Permeability and porosity of the Illinois UPH 3 drillhole granite and a comparison with other deep drillhole rocks

Permeability, porosity, and volumetric strain measurements were conducted on granite cores obtained at depths of 0.7 to 1.6 km from the Illinois UPH 3 drillhole at effective confining pressures from 5 to 100 MPa. Initial permeabilities were in the range of 10 −17 to 10 −19 m 2 and dropped rapidly with applied pressure to values between 10 −20 and 10 −24 m 2 at 100 MPa, typical of other deep granite core samples. These values are several decades lower than equivalent weathered surface granites at comparable effective confining pressures, where weathering products in cracks and pores inhibit crack closure with applied pressure.
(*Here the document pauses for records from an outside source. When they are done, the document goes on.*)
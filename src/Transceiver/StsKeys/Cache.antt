-- ===== src/Transceiver/StsKeys/Cache.antt =====
-- The cache of the last STS key against the key that the device holds.
use aliro_ccc_core.Base.{
  ◌≡◌, refl, sym, ap, ◌∙◌, arith, Bool, true, false, ◌&&◌, Option, none, some, [], ◌∷◌, ◌++◌,
  length, take, length-append, take-length_append, bytes_eq, bytes_eq→eq, Bool-cases, inl, inr,
  if-elim,
}
use aliro_ccc_core.Base.Words.{Bytes}
use aliro_ccc_core.Core.{Result}
use aliro_ccc_core.Transceiver.Platform.{
  Register, sts_key0, Call, configure, write_to_device, configure_sts_key, reset_pin_low, Trace,
  Controller,
}
use aliro_ccc_core.Transceiver.StsKeys.{pack_sts_register, is_cached, load_sts_key, load_sts_key_iv}
use mathlib.Core.List.{reverse, reverse-cons}

-- What the key registers hold after a call, given what they held before: a reset and a new
-- configuration lose it.
abbrev written_key : Register → Bytes → Option Bytes → Option Bytes
written_key sts_key0 blob held = some (take 16 blob)
written_key _ blob held = held

abbrev key_after : Call → Option Bytes → Option Bytes
key_after (configure_sts_key key) held = some key
key_after (write_to_device r blob) held = written_key r blob held
key_after (configure config) held = none
key_after reset_pin_low held = none
key_after _ held = held

abbrev pub device_key : Trace → Option Bytes
device_key [] = none
device_key (k ∷ trace) = key_after k (device_key trace)

-- A valid cache names the key that the device holds.
abbrev pub IsCoherent : Controller → Type 0
IsCoherent c = c.sts_key_valid ≡ true → device_key c.trace ≡ some (pack_sts_register c.last_sts_key)

length-reverse : (bs : Bytes) → length (reverse bs) ≡ length bs
length-reverse [] = refl
length-reverse (b ∷ bs) =
    ap length (reverse-cons b bs)
    ∙ omega (arith, length-append (reverse bs) (b ∷ []), length-reverse bs)

and-true : (a b : Bool) → (a && b) ≡ true → (a ≡ true) × (b ≡ true)
and-true true b e = (refl, e)
and-true false b e = cc

cached_key :
    (key : Bytes) (c : Controller)
    → IsCoherent c
    → is_cached key c ≡ true
    → device_key c.trace ≡ some (pack_sts_register key)
cached_key key c coherent e =
    let (valid, same) = and-true c.sts_key_valid (bytes_eq key c.last_sts_key) e in
    coherent valid
    ∙ ap (λ k. some (pack_sts_register k)) (sym (bytes_eq→eq key c.last_sts_key same))

abbrev Holds : Bytes → Controller → Type 0
Holds key c = (device_key c.trace ≡ some (pack_sts_register key)) × IsCoherent c

-- After `loadStsKey` the device holds the key, whether it was written or taken to be there, and the
-- cache stays true.
pub load_sts_key-device_key :
    (key : Bytes) (c : Controller) → IsCoherent c → Holds key (load_sts_key key c).1
unfolding load_sts_key
load_sts_key-device_key key c coherent =
    if-elim {A = Result (Unit {0}) × Controller} (λ r. Holds key r.1) (is_cached key c)
      (λ e. (cached_key key c coherent e, coherent)) (λ e. (refl, λ valid. refl))

blob_key :
    (key iv : Bytes)
    → length key ≡ 16
    → take 16 (pack_sts_register key ++ pack_sts_register iv) ≡ pack_sts_register key
blob_key key iv e =
    ap (λ n. take n (pack_sts_register key ++ pack_sts_register iv)) (sym (length-reverse key ∙ e))
    ∙ take-length_append (pack_sts_register key) (pack_sts_register iv)

-- And so it does after `loadStsKeyIv`, for a key of 16 bytes.
pub load_sts_key_iv-device_key :
    (key iv : Bytes) (c : Controller)
    → length key ≡ 16
    → IsCoherent c
    → Holds key (load_sts_key_iv key iv c).1
unfolding load_sts_key_iv
load_sts_key_iv-device_key key iv c e coherent =
    let written = ap (λ k. some k) (blob_key key iv e) in
    elim (Bool-cases (is_cached key c)) [
      | inl hit ↦ rw hit (
        written,
        λ valid.
            written
            ∙ ap (λ k. some (pack_sts_register k))
                (bytes_eq→eq key c.last_sts_key
                  (and-true c.sts_key_valid (bytes_eq key c.last_sts_key) hit).1),
      )
      | inr miss ↦ rw miss (written, λ valid. written)
    ]
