-- ===== src/Transceiver/Arming/Times.antt =====
-- The times that the arming of a window writes into the device.
use aliro_ccc_core.Base.{
  ℕ, ◌-◌, ◌%◌, ◌^◌, ◌<◌, ◌≡◌, refl, ◌∙◌, arith, [], ◌∷◌, length, bit_and, bit_and-even, ltb,
  if◌then◌else◌,
}
use aliro_ccc_core.Base.Words.{Bytes, u8, ◌>>>◌, read_le32, of_le32, of_le32_sum, of_le32_bytes}
use aliro_ccc_core.Transceiver.Platform.{
  dwt_int_hpdwarn, dwt_start_rx_delayed, dwt_idle_on_dly_err, dwt_start_rx_immediate, dx_time,
  rx_fwto, write_to_device, write_sys_status_lo, rx_enable, Platform, Controller,
}
use aliro_ccc_core.Transceiver.Arming.{delay_regs, wait_regs, start_delayed_rx, start_immediate_rx}

timeout_bytes : (t : ℕ) → t < 2 ^ 16 → of_le32 (u8 t) (u8 (t >>> 8)) 0 0 ≡ t
timeout_bytes t h =
    omega (arith, of_le32_sum (u8 t) (u8 (t >>> 8)) 0 0 (omega arith) (omega arith) (omega arith))

even_bytes : (v timeout : ℕ) → v < 2 ^ 32 → read_le32 (delay_regs v timeout) 0 ≡ v - v % 2
even_bytes v timeout h =
    let e = bit_and-even v h in of_le32_bytes (bit_and v 0xfffffffe) (omega (arith, e)) ∙ e

waits : (t : ℕ) → t < 2 ^ 16 → read_le32 (wait_regs t) 0 ≡ (if ltb 0 t then t else 0xffff)
waits t h = of_le32_bytes (if ltb 0 t then t else 0xffff) (ground arith)

-- The twelve bytes at DX_TIME: an even time, no reference, and the timeout of the window.
pub record IsWindow (time timeout : ℕ) (regs : Bytes) : Type 0 where
  pub size : length regs ≡ 12
  pub dx_time_value : read_le32 regs 0 ≡ time - time % 2
  pub dref_time_value : read_le32 regs 4 ≡ 0
  pub rx_fwto_value : read_le32 regs 8 ≡ timeout

-- A delayed window is armed by one write of the registers from DX_TIME on, with the time less its
-- lowest bit and the timeout, before the receiver is enabled; the HPDWARN flag is cleared first. An
-- immediate window is armed by the write of its timeout, or of 65535 for 0, so that it is never 0.
pub start_rx_windows :
    (platform : Platform) (time timeout : ℕ) (c : Controller)
    → time < 2 ^ 32
    → timeout < 2 ^ 16
    → ((regs : Bytes) × ((start_delayed_rx platform time timeout c).1.trace
          ≡ rx_enable (dwt_start_rx_delayed ∷ dwt_idle_on_dly_err ∷ [])
            ∷ write_to_device dx_time regs
            ∷ write_sys_status_lo dwt_int_hpdwarn
            ∷ c.trace)
        × IsWindow time timeout regs)
      × ((regs : Bytes) × ((start_immediate_rx platform timeout c).1.trace
            ≡ rx_enable (dwt_start_rx_immediate ∷ []) ∷ write_to_device rx_fwto regs ∷ c.trace)
          × (read_le32 regs 0 ≡ (if ltb 0 timeout then timeout else 65535))
          × (0 < read_le32 regs 0))
unfolding start_delayed_rx start_immediate_rx of_le32
start_rx_windows platform time timeout c ht hw = (
  (
    delay_regs time timeout,
    refl,
    record {
      size = refl;
      dx_time_value = even_bytes time timeout ht;
      dref_time_value = refl;
      rx_fwto_value = timeout_bytes timeout hw;
    },
  ),
  (wait_regs timeout, refl, waits timeout hw, ground (arith, waits timeout hw)),
)
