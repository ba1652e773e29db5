-- ===== src/Transceiver/Reading/Bounds.antt =====
-- The read of a frame stays within its buffer.
use aliro_ccc_core.Base.{
  ℕ, ◌≤◌, ◌<◌, ◌≡◌, refl, arith, zero, suc, [], ◌∷◌, length, take, drop, ltb, write, length-write,
  length-take, if-elim, ap, ◌∙◌, ◌⊎◌, ◌%◌, ◌^◌, write-zero, take-length_append,
}
use aliro_ccc_core.Base.Words.{Bytes}
use aliro_ccc_core.Core.{Result, ok, err, buffer_overflow}
use aliro_ccc_core.Transceiver.Platform.{
  get_frame_length, read_rx_data, Platform, Controller, issue,
}
use aliro_ccc_core.Transceiver.Reading.{received_length, read_received_data}

drop-write : (n : ℕ) (bs xs : Bytes) → length bs ≤ n → drop n (write 0 bs xs) ≡ drop n xs
drop-write n [] xs h = refl
drop-write zero (b ∷ bs) xs h = absurd (omega arith)
drop-write (suc n) (b ∷ bs) [] h = refl
drop-write (suc n) (b ∷ bs) (x ∷ xs) h = drop-write n bs xs (omega arith)

-- The length that is read: the frame's own, or the buffer's, cut to 16 bits, where the driver reports
-- 0.
abbrev pub IsReadLength : Platform → Bytes → Controller → ℕ → Type 0
IsReadLength platform out c n =
    ((0 < platform.number get_frame_length c.trace)
      × (n ≡ platform.number get_frame_length c.trace))
    ⊎ ((platform.number get_frame_length c.trace ≡ 0) × (n ≡ length out % 2 ^ 16))

-- The bytes that the driver hands over when it is asked for as many.
abbrev pub handed_over : Platform → ℕ → ℕ → Controller → Bytes
handed_over platform n offset c =
    take n (platform.bytes (read_rx_data n offset) (get_frame_length ∷ c.trace))

-- What a read leaves: a frame that fits is asked for with its length, and is stored in front of a
-- buffer of the same size; of a longer one nothing is read.
abbrev pub Bounded : Platform → Bytes → ℕ → Controller → Result ℕ × Bytes × Controller → Type 0
Bounded platform out offset c (ok n, buffer, d) =
    IsReadLength platform out c n
    × (n ≤ length out)
    × (take (length (handed_over platform n offset c)) buffer ≡ handed_over platform n offset c)
    × (length buffer ≡ length out)
    × (drop n buffer ≡ drop n out)
    × (d.trace ≡ read_rx_data n offset ∷ get_frame_length ∷ c.trace)
Bounded platform out offset c (err e, buffer, d) =
    (e ≡ buffer_overflow)
    × (length out < platform.number get_frame_length c.trace)
    × (buffer ≡ out)
    × (d.trace ≡ get_frame_length ∷ c.trace)

received_length-IsReadLength :
    (platform : Platform) (out : Bytes) (c : Controller)
    → IsReadLength platform out c (received_length platform out c)
received_length-IsReadLength platform out c = ground arith

take-write : (bs xs : Bytes) → length bs ≤ length xs → take (length bs) (write 0 bs xs) ≡ bs
take-write bs xs h =
    ap (take (length bs)) (write-zero bs xs h) ∙ take-length_append bs (drop (length bs) xs)

-- A frame that is longer than the buffer is refused before a byte of it is read. Any other is read
-- with its own length, or with the buffer's, cut to 16 bits, where the driver reports 0: that length
-- is the result, the bytes that the driver hands over stand at the front of the buffer, and the
-- buffer keeps its size and what lies behind the frame.
pub read_received_data_lem :
    (platform : Platform) (out : Bytes) (offset : ℕ) (c : Controller)
    → Bounded platform out offset c (read_received_data platform out offset c)
unfolding read_received_data
read_received_data_lem platform out offset c =
    let n = received_length platform out c in
    let answer = platform.bytes (read_rx_data n offset) (issue get_frame_length c).trace in
    if-elim {A = Result ℕ × Bytes × Controller} (Bounded platform out offset c) (ltb (length out) n)
      (λ e. (refl, ground arith, refl, refl))
      (λ e. (
        received_length-IsReadLength platform out c,
        ground arith,
        take-write (take n answer) out (ground (arith, length-take n answer)),
        length-write 0 (take n answer) out,
        drop-write n (take n answer) out (omega (arith, length-take n answer)),
        refl,
      ))
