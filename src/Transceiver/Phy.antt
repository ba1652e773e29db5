-- ===== src/Transceiver/Phy.antt =====
-- src/transceiver/DW3000Controller.cpp: `initialize` and `configurePhy`.
use aliro_ccc_core.Base.{
  ℕ, Bool, true, false, not, ◌&&◌, List, [], ◌∷◌, leb, ltb, ◌==◌, if◌then◌else◌, bit_or, write,
}
use aliro_ccc_core.Base.Words.{Bytes, byte_at, u8, ◌>>>◌}
use aliro_ccc_core.Core.{
  Result, ok, err, transceiver_error, invalid_state, UwbChannel, channel5, channel9, SfdType,
  ieee4a, ieee4z,
}
use aliro_ccc_core.Transceiver.Platform.{
  DecaConstant, dwt_dw_init, dwt_enable_int, dwt_plen_64, dwt_plen_128, dwt_pac8, dwt_br_6m8,
  dwt_phrmode_std, dwt_phrrate_std, dwt_sfd_ieee_4a, dwt_sfd_ieee_4z, dwt_sts_mode_off,
  dwt_sts_len_64, dwt_pdoa_m0, dwt_pdoa_m1, dwt_pdoa_m3, dwt_int_rxfcg, dwt_int_rxfr, dwt_int_rxfce,
  dwt_int_rxfto, dwt_int_rxpto, dwt_int_rxphe, dwt_int_rxsto, dwt_int_rxfsl, dwt_int_arfe,
  dwt_int_txfrs, sys_cfg, DecaConfig, Call, reset_pin_output, reset_pin_input, reset_pin_low,
  sleep_ms, probe, set_callbacks, configure_cia_diag, initialise, set_interrupt, configure,
  read_from_device, write_to_device, configure_tx_rf, set_rx_antenna_delay, set_tx_antenna_delay,
  Platform, Controller, issue, issue_all, force_receiver_off,
}

pub data PdoaMode : Type 0 where
  off mode1 mode3 : PdoaMode

pub record TransceiverConfig : Type 0 where
  pub channel : UwbChannel
  pub preamble_length_symbols : ℕ
  pub sync_code : ℕ
  pub sfd : SfdType
  pub sfd_timeout_symbols : ℕ
  pub rx_pac_size : ℕ
  pub antenna_delay : ℕ
  pub pdoa : PdoaMode

unfoldable pub perform_hardware_reset : Controller → Controller
perform_hardware_reset =
    issue_all (reset_pin_output ∷ reset_pin_low ∷ sleep_ms 2 ∷ reset_pin_input ∷ sleep_ms 5 ∷ [])

abbrev pub interrupts : List DecaConstant
interrupts =
    dwt_int_rxfcg ∷ dwt_int_rxfr ∷ dwt_int_rxfce ∷ dwt_int_rxfto ∷ dwt_int_rxpto ∷ dwt_int_rxphe
    ∷ dwt_int_rxsto ∷ dwt_int_rxfsl ∷ dwt_int_arfe ∷ dwt_int_txfrs ∷ []

abbrev pub deca_channel : UwbChannel → ℕ
deca_channel channel5 = 5
deca_channel channel9 = 9

abbrev pub deca_sfd : SfdType → DecaConstant
deca_sfd ieee4a = dwt_sfd_ieee_4a
deca_sfd ieee4z = dwt_sfd_ieee_4z

abbrev pub deca_pdoa : PdoaMode → DecaConstant
deca_pdoa off = dwt_pdoa_m0
deca_pdoa mode1 = dwt_pdoa_m1
deca_pdoa mode3 = dwt_pdoa_m3

abbrev pub is_pdoa : PdoaMode → Bool
is_pdoa off = false
is_pdoa _ = true

-- A code from 9 to 12 is kept, any other becomes 9.
abbrev pub checked_sync_code : ℕ → ℕ
checked_sync_code code = if leb 9 code && leb code 12 then code else 9

abbrev pub deca_config : TransceiverConfig → DecaConfig
deca_config config = record {
  chan = deca_channel config.channel;
  tx_preamb_length = if config.preamble_length_symbols == 64 then dwt_plen_64 else dwt_plen_128;
  rx_pac = dwt_pac8;
  tx_code = checked_sync_code config.sync_code;
  rx_code = checked_sync_code config.sync_code;
  sfd_type = deca_sfd config.sfd;
  data_rate = dwt_br_6m8;
  phr_mode = dwt_phrmode_std;
  phr_rate = dwt_phrrate_std;
  sfd_to = if ltb 0 config.sfd_timeout_symbols then config.sfd_timeout_symbols else 65;
  sts_mode = dwt_sts_mode_off;
  sts_length = dwt_sts_len_64;
  pdoa_mode = deca_pdoa config.pdoa;
}

-- Byte 1 of the system configuration, with the bit of the frame-wait timeout.
abbrev pub with_rxwtoe : ℕ → Bytes → Bytes
with_rxwtoe mask bytes = write 1 (bit_or (byte_at bytes 1) (u8 (mask >>> 8)) ∷ []) bytes

abbrev pub antenna_delay_calls : ℕ → List Call
antenna_delay_calls delay =
    if delay == 0 then [] else set_rx_antenna_delay delay ∷ set_tx_antenna_delay delay ∷ []

module _ (platform : Platform) where
  unfoldable pub initialize : Controller → Result (Unit {0}) × Controller
  unfolding perform_hardware_reset
  initialize c =
      let reset = perform_hardware_reset c in
      if not (platform.succeeds probe reset.trace)
      then (err transceiver_error, issue probe reset)
      else if not (platform.succeeds (initialise dwt_dw_init) (issue probe reset).trace)
      then (err transceiver_error, issue (initialise dwt_dw_init) (issue probe reset))
      else (
        ok tt,
        record (issue_all
            (initialise dwt_dw_init ∷ set_callbacks ∷ set_interrupt interrupts dwt_enable_int ∷ [])
            (issue probe reset)) { initialized = true },
      )

  abbrev pub nlos_calls : List Call
  nlos_calls = if platform.nlos_enabled then configure_cia_diag ∷ [] else []

  -- The read, the change and the write of the system configuration.
  abbrev pub enable_frame_wait_timeout : Controller → Controller
  enable_frame_wait_timeout c =
      issue
        (write_to_device sys_cfg
          (with_rxwtoe platform.rxwtoe_mask (platform.bytes (read_from_device sys_cfg 4) c.trace)))
        (issue (read_from_device sys_cfg 4) c)

  -- What follows a `dwt_configure` that succeeded.
  abbrev pub configured : TransceiverConfig → Controller → Controller
  configured config c =
      issue_all
        (configure_tx_rf (record { pg_dly = 0x34; power = 0xa0a0a0a0; pg_count = 0 })
          ∷ antenna_delay_calls config.antenna_delay)
        (enable_frame_wait_timeout (issue_all nlos_calls (record c { sts_key_valid = false })))

  unfoldable pub configure_phy : TransceiverConfig → Controller → Result (Unit {0}) × Controller
  configure_phy config c =
      let off_now = force_receiver_off (record c { pdoa_enabled = is_pdoa config.pdoa }) in
      let done = issue (configure (deca_config config)) off_now in
      if not c.initialized
      then (err invalid_state, c)
      else if platform.succeeds (configure (deca_config config)) off_now.trace
      then (ok tt, configured config done)
      else (err transceiver_error, done)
Permeabilities of the Illinois cores were inversely related to sample depth, suggesting that stress relief and thermal microfractures induced during core retrieval dominated the fluid flow. Thus these samples provide an upper bound on in situ matrix permeability values. A comparison of core permeability from UPH 3 and other deep drillholes shows that stress relief damage can often dominate laboratory permeability measurements. We conclude that it may be difficult to make meaningful estimates of in situ permeability based on either borehole samples (possible damage during retrieval) or surface‐derived analogs (altered by weathering). Volumetric strain determined from porosity measurements was compared with differential strain analysis (DSA) data reported by other investigators on samples from the same depths in the drillhole. Our strain measurements (0.002 to 0.005 at 100 MPa) were nearly twice as large as the DSA values, probably because of the crack‐enhancing effects of fluids present in our samples that are absent in the dry DSA cores, as well as other time‐dependent deformation effects. This difference in observed strain magnitudes between the two measurement methods may be an important consideration if strain and/or porosity data from deep core samples are used in models of stress, fluid circulation, and excess fluid pressure generation in the midcrust.